The cycle of “boom and slump” is at the very heart of the capitalist system, but it’s the working and middle class who bear the brunt of recessions – wage cuts/freezes, job losses and so on. By the 1970s, capitalist theoreticians called for an end to state funding or governments spending their way out of recessions. Cut the money supply, cut the cost to the state, they demanded. They claimed that decreasing taxes meant wealth would ‘trickle down from above’. In order to achieve this, the ruling capitalist class needed politicians who would be willing to take on the powerful protectors of workers – the unions. Defeating them by attacking them with anti-union laws to make them less powerful meant the door would be open to full-blown, unrestricted capitalism – enter the likes of Margaret Thatcher.
Even better, force the Labour Party to jettison any semblance of socialist policies that supported nationalization -namely the welfare state – and you would politically disarm working class opposition to capitalist policies – enter the likes of Neil Kinnock who opened the door for Tony Blair to completely re-fashion old Labour into the New Labour we see today, a party totally devoid of socialist policies, or even the most rudimentary whiff of ‘Leftwing reformism’.
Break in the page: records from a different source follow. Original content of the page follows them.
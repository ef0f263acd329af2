-- ===== src/Graph/Reachable/Queue.antt =====
-- src/engine/graph-validation.ts: the loop of findUnreachableNodes, over its queue.
use mathlib.Core.Logic.{∥∥₁_elim}
use mathlib.Core.Bool.{So-prop}
use spane.Base.{
  ℕ, zero, suc, ◌+◌, ◌≤◌, String, ◌≡◌, refl, sym, subst, ◌↔◌, ◌⊎◌, inl, inr, ⊎_elim, true, false,
  Option, none, some, List, [], ◌∷◌, ◌++◌, has, has-append, has-add, add, length, length-append,
  Bool-cases, arith, ◌==◌, eq_iff,
}
use spane.Base.Counts.{Subset, Subset-add}
use spane.Types.Workflow.{NodeDefinition, find_node}
use spane.Graph.Edges.{Lookup, Edge, Reach, here, step}
use spane.Graph.Reachable.{outputs_of, search_from, outgoing, rounds, reachable_from}

outgoing-Subset :
    (ns : List NodeDefinition) (r r' : List String) → Subset r r' → outgoing ns r' ≤ outgoing ns r
unfolding outgoing
outgoing-Subset [] r r' h = omega arith
outgoing-Subset (n ∷ ns) r r' h = ground (arith, outgoing-Subset ns r r' h, h n.id)

-- Reaching a node frees its outputs.
outgoing-add :
    (ns : List NodeDefinition) (r : List String) (id : String)
    → has r id ≡ false
    → length (outputs_of (find_node ns id)) + outgoing ns (add r id) ≤ outgoing ns r
unfolding outgoing outputs_of find_node
outgoing-add [] r id h = omega arith
outgoing-add (n ∷ ns) r id h = elim (Bool-cases (n.id == id)) [
  | inl e ↦ ground (
    arith,
    eq_iff n.id id,
    has-add r id n.id,
    eq_iff id n.id,
    outgoing-Subset ns r (add r id) (Subset-add r id),
  )
  | inr e ↦
      ground (arith, has-add r id n.id, eq_iff id n.id, eq_iff n.id id, outgoing-add ns r id h)
]

module _ (nodes : List NodeDefinition) (entry : String) where
  abbrev pub look : Lookup
  look = find_node nodes

  Edge-of : {u v : String} → has (outputs_of (find_node nodes u)) v ≡ true → Edge look u v
  unfolding outputs_of has
  Edge-of {u} {v} h = go (find_node nodes u) refl h
    where
      go :
          (o : Option NodeDefinition)
          → find_node nodes u ≡ o
          → has (outputs_of o) v ≡ true
          → Edge look u v
      go none e m = cc
      go (some n) e m = record { node = n; found = e; listed = m }

  listed_of : {u v : String} → Edge look u v → has (outputs_of (find_node nodes u)) v ≡ true
  unfolding outputs_of
  listed_of e = rw e.found e.listed

  record Inv (queue reachable : List String) : Type 0 where
    queued : (u : String) → has queue u ≡ true → Reach look entry u
    sound : (u : String) → has reachable u ≡ true → Reach look entry u
    closed :
        (u v : String)
        → has reachable u ≡ true
        → Edge look u v
        → (has reachable v ≡ true) ⊎ (has queue v ≡ true)
    source : (has reachable entry ≡ true) ⊎ (has queue entry ≡ true)

  Inv-skip :
      (id : String) (queue reachable : List String)
      → has reachable id ≡ true
      → Inv (id ∷ queue) reachable
      → Inv queue reachable
  unfolding has
  Inv-skip id queue reachable seen i = record {
    queued = λ u h. i.queued u (ground arith);
    sound = i.sound;
    closed = λ u v h e. ground (arith, i.closed u v h e, eq_iff id v);
    source = ground (arith, i.source, eq_iff id entry);
  }

  Inv-visit :
      (id : String) (queue reachable : List String)
      → Inv (id ∷ queue) reachable
      → Inv (queue ++ outputs_of (find_node nodes id)) (add reachable id)
  unfolding has
  Inv-visit id queue reachable i = record {
    queued = λ u h.
        ⊎_elim (λ old. i.queued u (ground arith)) (λ new. step to_id (Edge-of new)) (split u h);
    sound = λ u h. ⊎_elim (i.sound u) (λ same. subst (Reach look entry) same to_id) (added u h);
    closed = λ u v h e.
        ⊎_elim (λ old. moved v (i.closed u v old e))
          (λ same. inr (
            joined v (
              subst (λ x. has (outputs_of (find_node nodes x)) v ≡ true) (sym same) (listed_of e))))
          (added u h);
    source = moved entry i.source;
  }
    where
      to_id : Reach look entry id
      to_id = i.queued id (ground (arith, eq_iff id id))

      split :
          (u : String)
          → has (queue ++ outputs_of (find_node nodes id)) u ≡ true
          → (has queue u ≡ true) ⊎ (has (outputs_of (find_node nodes id)) u ≡ true)
      split u h = ground (arith, has-append queue (outputs_of (find_node nodes id)) u)

      added : (u : String) → has (add reachable id) u ≡ true → (has reachable u ≡ true) ⊎ (id ≡ u)
      added u h = ground (arith, has-add reachable id u, eq_iff id u)

      joined :
          (v : String)
          → has (outputs_of (find_node nodes id)) v ≡ true
          → has (queue ++ outputs_of (find_node nodes id)) v ≡ true
      joined v h = ground (arith, has-append queue (outputs_of (find_node nodes id)) v)

      moved :
          (v : String)
          → (has reachable v ≡ true) ⊎ (has (id ∷ queue) v ≡ true)
          → (has (add reachable id) v ≡ true)
            ⊎ (has (queue ++ outputs_of (find_node nodes id)) v ≡ true)
      moved v h =
          ground
            (arith, has-add reachable id v, has-append queue (outputs_of (find_node nodes id)) v)

  abbrev work : List String → List String → ℕ
  work queue reachable = length queue + outgoing nodes reachable

  record Done (reachable : List String) : Type 0 where
    sound : (u : String) → has reachable u ≡ true → Reach look entry u
    closed : (u v : String) → has reachable u ≡ true → Edge look u v → has reachable v ≡ true
    source : has reachable entry ≡ true

  Inv-Done : (reachable : List String) → Inv [] reachable → Done reachable
  unfolding has
  Inv-Done reachable i = record {
    sound = i.sound;
    closed = λ u v h e. ⊎_elim (λ m. m) (λ f. cc) (i.closed u v h e);
    source = ⊎_elim (λ m. m) (λ f. cc) i.source;
  }

  search_from-Done :
      (fuel : ℕ) (queue reachable : List String)
      → work queue reachable ≤ fuel
      → Inv queue reachable
      → Done (search_from nodes fuel queue reachable)
  unfolding search_from
  search_from-Done zero [] reachable w i = Inv-Done reachable i
  search_from-Done zero (id ∷ queue) reachable w i = absurd (omega arith)
  search_from-Done (suc fuel) [] reachable w i = Inv-Done reachable i
  search_from-Done (suc fuel) (id ∷ queue) reachable w i = elim (Bool-cases (has reachable id)) [
    | inl seen ↦
        rw (seen, search_from)
          (search_from-Done fuel queue reachable (omega arith) (Inv-skip id queue reachable seen i))
    | inr new ↦
        rw (new, search_from)
          (search_from-Done fuel (queue ++ outputs_of (find_node nodes id)) (add reachable id)
            (omega (
              arith,
              length-append queue (outputs_of (find_node nodes id)),
              outgoing-add nodes reachable id new,
            ))
            (Inv-visit id queue reachable i))
  ]

  reachable_from-Done : Done (reachable_from nodes entry)
  unfolding reachable_from has
  reachable_from-Done = search_from-Done (rounds nodes) (entry ∷ []) [] (omega arith) (record {
    queued = λ u h. subst (Reach look entry) ((eq_iff entry u).0 (ground arith)) here;
    sound = λ u h. cc;
    closed = λ u v h e. cc;
    source = inr (ground (arith, eq_iff entry entry));
  })

  -- The search marks a node exactly if a walk leads to it.
  pub reachable_from_iff :
      (u : String) → (has (reachable_from nodes entry) u ≡ true) ↔ ∥ Reach look entry u ∥₁
  reachable_from_iff u =
      (λ h. ∣ reachable_from-Done.sound u h ∣₁, λ r. ∥∥₁_elim r (So-prop _) complete)
    where
      complete : {v : String} → Reach look entry v → has (reachable_from nodes entry) v ≡ true
      complete here = reachable_from-Done.source
      complete (step r e) = reachable_from-Done.closed _ _ (complete r) e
‘Three cheeks of the same backside’
And this is the point we have reached today with our three main parties, each one of them capitalist in outlook, anti-trade union, pro-City financial interests. We see the completion of the middle class counter-revolution within the Labour Party. Today, we hear such observers as George Galloway MP, formerly of Labour, who notes pithily that: ‘The three main parties are three cheeks of the same backside’.
There is no current political party that represents the interests of millions of ordinary people. People are becoming more and more detached, disinterested and disillusioned towards politicians, as little difference can be detected between their policies. The recent spate of political scandals – ‘cash for honours’, ‘cash for questions’ and MPs expenses – have all increased the growing disdain members of the public have for our political classes. Small wonder, then, that no party scored more than 30% in the recent by-election at Eastleigh. Hardly a ringing endorsement for any of our parties.
The situation has become so bad that, in the search for politicians who seem untainted by corruption, false dawns, doubletalk and empty promises, the likes of UKIP can find an echo and claim to ‘be different’ to the main parties.
Yet, closer examination reveals that UKIP only underlines their own complicity in the heady world of British politics. They are, by and large, right wing refugees from the Tory Party, with a smattering of ‘protest votes’ from the other parties and the ‘none of the aboves’. You don’t have to dig too deep to find that Farage’s party is very much ‘the fourth cheek’, with its calls for more cuts in jobs and services, and more tax cuts that will benefit the rich. And already, we see the surfacing of decidedly unsavoury characters from among their ranks.
More importantly, what UKIP has highlighted, is that there is a yearning from the electorate for a genuinely new party. A party that will represent the needs of those turned off by the ‘altogetherism’ of the Westminster clique that rules the roost in our society.
We don’t need another party that will represent the interests of big business and the City. We need a party that will represent the millions, instead of the millionaires.